Beginnen Sie mit den offiziellen Anzeigenbibliotheken und beobachten Sie dann, was sie Ihnen nicht zeigen können. So bauen Sie ein globales Konkurrenzanzeigen-Monitoring auf, das einer genauen Prüfung standhält.

Matt Brown

Matt Brown

10. September 2026 · 8 Min. Lesezeit

Die Überwachung von Wettbewerber-Anzeigen hat sich in einer Weise verändert, mit der die meisten Teams noch nicht Schritt gehalten haben. Vor ein paar Jahren war der einzige Weg zu erfahren, was ein Konkurrent schaltet, selbst hinzuschauen, was einen Browser, einen Standort und viel manuelle Arbeit bedeutete.

Heute veröffentlichen die großen Plattformen Anzeigenbibliotheken. Meta, Google, TikTok und LinkedIn stellen alle durchsuchbare Archive laufender Werbung bereit, und regulatorischer Druck hat sowohl erweitert, was sie zeigen, als auch, wer Anfragen stellen darf. Das ändert die sinnvolle Reihenfolge der Arbeitsschritte: zunächst die offiziellen Quellen nutzen, genau verstehen, was sie auslassen, und dann eine eigene Beobachtung aufbauen, um die Lücke zu schließen.

Teams, die den ersten Schritt überspringen, betreiben weit mehr technischen Aufwand als nötig. Teams, die beim ersten Schritt stehen bleiben, ziehen Schlüsse, die die Daten nicht tragen.

Zuerst die Anzeigenbibliotheken nutzen

Die offiziellen Archive sind kostenlos, zulässig, strukturiert und bewahren oft eine Historie, die man extern nicht rekonstruieren kann. Für einen großen Teil der Fragen zu Wettbewerbern sind sie schlicht die richtige Antwort.

Was sie typischerweise liefern: das Creative, die Identität des Werbetreibenden, wann die Anzeige zu laufen begann, die Plattformen und Flächen, auf denen sie erschien, und in der EU umfassende Reichweiten- und Targeting-Kategorien-Offenlegungen gemäß den Transparenzregeln.

Fragen Sie diese zuerst ab und gestalten Sie Ihre Erhebung um das, was unbeantwortet bleibt. Dieser Rest ist real, und dort liegt die eigentliche Arbeit.

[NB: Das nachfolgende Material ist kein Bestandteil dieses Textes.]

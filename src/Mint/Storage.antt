-- ===== src/Mint/Storage.antt =====
-- The providers of execution-engine/mint/src/storage_provider.rs and runtime_provider.rs, at the
-- types at which the mint uses them.
use casper_labs.Base.{ℕ, ◌+◌, ◌≤◌, ◌≡◌, Option, some, ⊤, Result, ok, ◌==◌, if◌then◌else◌}
use casper_labs.Types.{Key, URef, Address, u512_max}
use casper_labs.Mint.Error.{MintError}

-- A write returns the state as it leaves it, and its result.
pub record StorageProvider (S : Type 0) : Type 0 where
  pub new_balance_uref : ℕ → S → S × URef
  pub new_purse_uref : S → S × URef
  pub write_local : Address → Key → S → S
  pub read_local : Address → S → Result MintError (Option Key)
  pub read : URef → S → Result MintError (Option ℕ)
  pub write : URef → ℕ → S → S × Result MintError ⊤
  pub add : URef → ℕ → S → S × Result MintError ⊤

-- A name is `as_string` of a reference without access rights; the reference stands for it.
pub record RuntimeProvider (S : Type 0) : Type 0 where
  pub get_caller : S → ℕ
  pub put_key : URef → Key → S → S

-- What the mint relies on: a write and an addition that succeed set the value at the address, for
-- every reference that can read it, and change no other value; an addition may wrap around past 512 bits.
pub record IsStorage {S : Type 0} (st : StorageProvider S) : Type 0 where
  pub read-write :
      (u v : URef) (n : ℕ) (o : Option ℕ) (s : S)
      → (st.write u n s).1 ≡ ok tt
      → st.read v s ≡ ok o
      → st.read v (st.write u n s).0 ≡ ok (if v.addr == u.addr then some n else o)
  pub read-add :
      (u v : URef) (n x : ℕ) (o : Option ℕ) (s : S)
      → (st.add u n s).1 ≡ ok tt
      → st.read u s ≡ ok (some x)
      → x + n ≤ u512_max
      → st.read v s ≡ ok o
      → st.read v (st.add u n s).0 ≡ ok (if v.addr == u.addr then some (x + n) else o)
  pub read_local-write :
      (u : URef) (n : ℕ) (a : Address) (s : S)
      → st.read_local a (st.write u n s).0 ≡ st.read_local a s
  pub read_local-add :
      (u : URef) (n : ℕ) (a : Address) (s : S)
      → st.read_local a (st.add u n s).0 ≡ st.read_local a s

Was die Bibliotheken nicht verraten

Fünf Lücken tauchen in jedem ernsthaften Programm auf.

Die Abdeckung endet an der Plattformgrenze. Anzeigenbibliotheken erfassen die Plattform, die sie veröffentlicht. Display-Netzwerke, native Platzierungen, Affiliate-Inhalte, Retail Media, gesponserte Newsletter, Connected TV und Podcast-Werbespots fehlen weitgehend. Für viele Kategorien fließt dorthin ein erheblicher Teil des Budgets.

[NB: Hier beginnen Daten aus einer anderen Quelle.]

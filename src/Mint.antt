-- ===== src/Mint.antt =====
-- The mint system contract: execution-engine/mint/src.
mod Error
pub mod Storage
pub mod Codes
pub mod Transfer
pub mod Store
mod Tests
unfoldable pub use Error.*
use casper_labs.Base.{
  ℕ, ◌-◌, Bool, not, ◌&&◌, ◌||◌, Option, none, some, ⊤, Result, ok, err, ltb, ◌==◌, if◌then◌else◌,
}
use casper_labs.Base
use casper_labs.Types.{Key, uref, URef, remove_access_rights, is_writeable, is_addable}
use Storage.{StorageProvider, RuntimeProvider}

abbrev pub system_account : ℕ
system_account = 0

-- `TryFrom::<Key>::try_from(key).map_err(|_| Error::InvalidAccessRights)`
abbrev pub balance_of_key : Key → Result MintError URef
balance_of_key (uref u) = ok u
balance_of_key _ = err invalid_access_rights

-- The reference that a local key gives, or the error for none.
abbrev pub require_balance : MintError → Result MintError (Option Key) → Result MintError URef
require_balance e (ok (some key)) = balance_of_key key
require_balance e (ok none) = err e
require_balance e (err x) = err x

abbrev pub require_value : MintError → Result MintError (Option ℕ) → Result MintError ℕ
require_value e (ok (some n)) = ok n
require_value e (ok none) = err e
require_value e (err x) = err x

module _ {S : Type 0} (r : RuntimeProvider S) (st : StorageProvider S) where
  open st use {new_balance_uref, new_purse_uref, write_local, read_local, read, write, add}

  -- The state after the call, and its result.
  unfoldable pub mint : ℕ → S → S × Result MintError URef
  mint initial_balance s =
      if not (initial_balance == 0) && not (r.get_caller s == system_account)
      then (s, err invalid_non_empty_purse_creation)
      else (let (s1, balance_uref) = new_balance_uref initial_balance s in
          let (s2, purse_key) = new_purse_uref s1 in
          let s3 = r.put_key (remove_access_rights purse_key) (uref balance_uref) s2 in
          (write_local purse_key.addr (uref balance_uref) s3, ok purse_key))

  unfoldable pub balance : URef → S → Result MintError (Option ℕ)
  balance purse s = elim (read_local purse.addr s) [
    | err x ↦ err x
    | ok none ↦ ok none
    | ok (some key) ↦
        Base.◌>>=◌ (balance_of_key key)
          (λ u. Base.◌>>=◌ (require_value purse_not_found (read u s)) (λ n. ok (some n)))
  ]

  -- The writes at the end of `transfer`.
  unfoldable pub move_funds : URef → URef → ℕ → ℕ → S → S × Result MintError ⊤
  move_funds source_bal dest_bal source_value amount s =
      let (s1, written) = write source_bal (source_value - amount) s in
      elim written [ err x ↦ (s1, err x) | ok _ ↦ add dest_bal amount s1 ]

  -- What `transfer` finds out before it writes: both balances, and the source's value.
  unfoldable pub check_transfer :
      URef → URef → ℕ → S → Result MintError (record { from : URef; to : URef; value : ℕ })
  check_transfer source dest amount s =
      if not (is_writeable source) || not (is_addable dest)
      then err invalid_access_rights
      else Base.◌>>=◌ (require_balance source_not_found (read_local source.addr s)) (λ source_bal.
        Base.◌>>=◌ (require_value source_not_found (read source_bal s)) (λ source_value.
          if ltb source_value amount
          then err insufficient_funds
          else Base.◌>>=◌ (require_balance dest_not_found (read_local dest.addr s))
              (λ dest_bal. ok (record { from = source_bal; to = dest_bal; value = source_value }))))

  unfoldable pub transfer : URef → URef → ℕ → S → S × Result MintError ⊤
  transfer source dest amount s = elim (check_transfer source dest amount s) [
    | err x ↦ (s, err x)
    | ok c ↦ move_funds c.from c.to c.value amount s
  ]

Ein Archiv zeigt, dass eine Anzeige existierte, nicht, was ein Markt erlebt hat. Ein Eintrag in der Bibliothek belegt, dass eine Anzeige lief. Er sagt nicht, welches Creative die Auktion auf einer bestimmten Seite, in einem bestimmten Land, gegen eine bestimmte Suchanfrage, neben welchen Wettbewerbern gewonnen hat. Die Wettbewerbsposition ist eine Eigenschaft der Auktion, nicht des Archivs.

Suchwerbung ist nur spärlich abgebildet. Anzeigentexte auf Query-Ebene, welche Erweiterungen erschienen sind und wer bei einem kommerziellen Keyword vor wem rangierte, sind in einem Archiv nicht in nutzbarer Form enthalten. Das muss direkt an den Suchergebnissen beobachtet werden.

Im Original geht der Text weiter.